**Problem details**
In the data below, find the line containing "no_account packages password user h = cc", then set down that line and every later line up to and including the line containing "db.users ≡ o", exactly.

=== Provided data ===

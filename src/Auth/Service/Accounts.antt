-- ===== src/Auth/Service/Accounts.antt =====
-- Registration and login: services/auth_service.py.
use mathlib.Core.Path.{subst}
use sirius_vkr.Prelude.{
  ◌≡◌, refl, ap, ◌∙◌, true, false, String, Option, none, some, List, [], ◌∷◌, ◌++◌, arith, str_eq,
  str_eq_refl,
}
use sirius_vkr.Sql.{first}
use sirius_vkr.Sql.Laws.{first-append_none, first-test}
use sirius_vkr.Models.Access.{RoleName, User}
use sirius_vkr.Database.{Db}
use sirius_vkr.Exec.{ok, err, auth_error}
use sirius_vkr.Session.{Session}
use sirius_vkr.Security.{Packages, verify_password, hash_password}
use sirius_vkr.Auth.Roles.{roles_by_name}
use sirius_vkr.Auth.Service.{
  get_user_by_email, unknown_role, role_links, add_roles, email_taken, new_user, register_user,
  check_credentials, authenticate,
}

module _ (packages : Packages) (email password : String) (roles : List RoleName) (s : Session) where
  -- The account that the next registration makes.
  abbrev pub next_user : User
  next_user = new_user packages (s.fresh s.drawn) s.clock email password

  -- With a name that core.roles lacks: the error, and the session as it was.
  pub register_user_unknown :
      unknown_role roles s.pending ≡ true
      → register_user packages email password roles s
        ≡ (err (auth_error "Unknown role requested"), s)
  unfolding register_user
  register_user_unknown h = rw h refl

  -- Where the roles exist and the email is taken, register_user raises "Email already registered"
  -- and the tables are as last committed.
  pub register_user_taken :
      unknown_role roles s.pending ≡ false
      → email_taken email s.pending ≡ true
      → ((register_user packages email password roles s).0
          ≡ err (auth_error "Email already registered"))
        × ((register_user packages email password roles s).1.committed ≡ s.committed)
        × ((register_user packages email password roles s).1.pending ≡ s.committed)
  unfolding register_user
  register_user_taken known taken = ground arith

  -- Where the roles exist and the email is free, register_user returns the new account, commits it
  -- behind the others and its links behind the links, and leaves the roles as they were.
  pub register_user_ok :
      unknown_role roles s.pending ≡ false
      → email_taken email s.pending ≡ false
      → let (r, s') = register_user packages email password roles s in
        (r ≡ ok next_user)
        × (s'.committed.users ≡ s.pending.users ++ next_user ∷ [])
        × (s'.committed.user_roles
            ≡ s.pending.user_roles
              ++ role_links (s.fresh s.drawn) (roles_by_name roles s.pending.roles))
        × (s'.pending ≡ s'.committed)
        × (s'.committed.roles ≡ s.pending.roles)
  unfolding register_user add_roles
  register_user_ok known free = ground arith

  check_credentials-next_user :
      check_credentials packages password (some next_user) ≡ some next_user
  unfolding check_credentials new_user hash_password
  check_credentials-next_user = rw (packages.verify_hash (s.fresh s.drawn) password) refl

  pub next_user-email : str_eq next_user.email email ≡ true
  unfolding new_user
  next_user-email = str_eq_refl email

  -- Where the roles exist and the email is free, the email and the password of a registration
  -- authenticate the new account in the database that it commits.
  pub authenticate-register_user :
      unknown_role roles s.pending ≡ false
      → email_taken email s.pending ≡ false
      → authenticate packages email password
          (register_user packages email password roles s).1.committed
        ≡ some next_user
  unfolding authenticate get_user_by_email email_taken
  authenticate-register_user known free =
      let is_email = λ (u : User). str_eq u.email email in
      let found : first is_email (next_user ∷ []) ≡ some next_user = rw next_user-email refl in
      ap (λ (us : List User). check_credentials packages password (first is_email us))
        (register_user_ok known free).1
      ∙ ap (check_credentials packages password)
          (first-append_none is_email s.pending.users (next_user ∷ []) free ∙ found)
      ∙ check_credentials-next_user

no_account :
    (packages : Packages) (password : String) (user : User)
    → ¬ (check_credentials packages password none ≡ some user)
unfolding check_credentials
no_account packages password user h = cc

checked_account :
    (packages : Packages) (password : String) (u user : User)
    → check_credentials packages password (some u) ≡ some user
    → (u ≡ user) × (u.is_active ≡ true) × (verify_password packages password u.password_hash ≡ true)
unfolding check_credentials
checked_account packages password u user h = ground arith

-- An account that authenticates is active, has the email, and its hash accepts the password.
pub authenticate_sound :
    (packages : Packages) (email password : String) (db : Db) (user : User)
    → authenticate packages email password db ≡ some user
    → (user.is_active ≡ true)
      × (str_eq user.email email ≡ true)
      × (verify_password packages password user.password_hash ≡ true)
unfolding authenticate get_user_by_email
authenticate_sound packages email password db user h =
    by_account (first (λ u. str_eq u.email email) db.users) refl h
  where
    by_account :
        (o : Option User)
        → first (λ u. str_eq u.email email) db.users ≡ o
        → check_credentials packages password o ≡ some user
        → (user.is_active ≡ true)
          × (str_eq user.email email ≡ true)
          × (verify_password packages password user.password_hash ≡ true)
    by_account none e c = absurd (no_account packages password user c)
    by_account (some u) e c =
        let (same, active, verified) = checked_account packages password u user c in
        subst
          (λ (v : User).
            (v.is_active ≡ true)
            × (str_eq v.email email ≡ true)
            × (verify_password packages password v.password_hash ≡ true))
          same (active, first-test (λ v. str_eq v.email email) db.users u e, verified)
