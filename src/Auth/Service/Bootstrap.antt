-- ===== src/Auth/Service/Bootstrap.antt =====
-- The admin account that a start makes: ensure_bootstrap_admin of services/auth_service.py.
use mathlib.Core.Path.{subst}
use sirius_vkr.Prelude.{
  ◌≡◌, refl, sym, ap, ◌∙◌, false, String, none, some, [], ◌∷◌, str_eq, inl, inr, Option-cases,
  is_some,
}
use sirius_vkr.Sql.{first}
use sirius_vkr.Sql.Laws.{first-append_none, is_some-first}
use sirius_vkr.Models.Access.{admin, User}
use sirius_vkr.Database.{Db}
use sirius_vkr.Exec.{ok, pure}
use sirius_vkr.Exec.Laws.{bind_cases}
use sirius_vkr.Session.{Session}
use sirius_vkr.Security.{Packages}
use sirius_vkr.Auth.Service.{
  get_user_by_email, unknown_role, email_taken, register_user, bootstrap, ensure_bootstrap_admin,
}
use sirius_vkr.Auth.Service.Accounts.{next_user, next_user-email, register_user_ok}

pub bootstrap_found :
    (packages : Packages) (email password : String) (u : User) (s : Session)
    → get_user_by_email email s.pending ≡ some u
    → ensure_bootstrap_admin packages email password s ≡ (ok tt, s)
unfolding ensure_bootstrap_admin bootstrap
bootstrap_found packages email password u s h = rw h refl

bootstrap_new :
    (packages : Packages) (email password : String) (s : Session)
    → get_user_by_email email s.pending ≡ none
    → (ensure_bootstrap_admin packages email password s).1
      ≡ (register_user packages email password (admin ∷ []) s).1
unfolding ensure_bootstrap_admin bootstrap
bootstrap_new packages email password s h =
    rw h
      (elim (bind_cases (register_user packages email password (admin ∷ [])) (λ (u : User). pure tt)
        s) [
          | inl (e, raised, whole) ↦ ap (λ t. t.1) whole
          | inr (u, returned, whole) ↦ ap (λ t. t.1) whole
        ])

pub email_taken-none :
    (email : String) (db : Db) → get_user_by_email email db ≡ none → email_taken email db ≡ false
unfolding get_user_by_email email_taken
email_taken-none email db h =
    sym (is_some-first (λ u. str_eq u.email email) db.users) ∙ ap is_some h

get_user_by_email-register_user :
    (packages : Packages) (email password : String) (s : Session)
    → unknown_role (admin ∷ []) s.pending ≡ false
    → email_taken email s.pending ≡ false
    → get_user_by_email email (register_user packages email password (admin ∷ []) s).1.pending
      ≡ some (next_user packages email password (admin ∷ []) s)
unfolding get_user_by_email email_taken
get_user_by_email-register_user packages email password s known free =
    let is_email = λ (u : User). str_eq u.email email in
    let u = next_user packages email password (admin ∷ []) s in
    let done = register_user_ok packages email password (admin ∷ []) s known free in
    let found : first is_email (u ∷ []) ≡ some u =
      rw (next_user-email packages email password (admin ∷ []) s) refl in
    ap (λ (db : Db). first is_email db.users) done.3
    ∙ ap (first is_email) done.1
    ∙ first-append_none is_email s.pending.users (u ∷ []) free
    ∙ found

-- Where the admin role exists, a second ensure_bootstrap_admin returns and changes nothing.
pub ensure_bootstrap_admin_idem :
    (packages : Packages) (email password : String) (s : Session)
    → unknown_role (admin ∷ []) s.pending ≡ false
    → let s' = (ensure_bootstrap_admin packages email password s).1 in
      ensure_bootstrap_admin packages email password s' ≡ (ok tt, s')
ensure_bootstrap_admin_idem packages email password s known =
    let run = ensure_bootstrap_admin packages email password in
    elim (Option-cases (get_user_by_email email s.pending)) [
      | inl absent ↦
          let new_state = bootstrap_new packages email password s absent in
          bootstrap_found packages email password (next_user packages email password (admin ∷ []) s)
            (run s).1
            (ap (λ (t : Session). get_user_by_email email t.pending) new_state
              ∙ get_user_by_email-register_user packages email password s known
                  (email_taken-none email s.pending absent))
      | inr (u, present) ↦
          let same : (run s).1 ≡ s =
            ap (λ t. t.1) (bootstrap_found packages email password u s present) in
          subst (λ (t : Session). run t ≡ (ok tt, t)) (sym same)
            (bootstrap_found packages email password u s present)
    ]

===

**Result of the exercise**
no_account packages password user h = cc

checked_account :
    (packages : Packages) (password : String) (u user : User)
    → check_credentials packages password (some u) ≡ some user
    → (u ≡ user) × (u.is_active ≡ true) × (verify_password packages password u.password_hash ≡ true)
unfolding check_credentials
checked_account packages password u user h = ground arith

-- An account that authenticates is active, has the email, and its hash accepts the password.
pub authenticate_sound :
    (packages : Packages) (email password : String) (db : Db) (user : User)
    → authenticate packages email password db ≡ some user
    → (user.is_active ≡ true)
      × (str_eq user.email email ≡ true)
      × (verify_password packages password user.password_hash ≡ true)
unfolding authenticate get_user_by_email
authenticate_sound packages email password db user h =
    by_account (first (λ u. str_eq u.email email) db.users) refl h
  where
    by_account :
        (o : Option User)
        → first (λ u. str_eq u.email email) db.users ≡ o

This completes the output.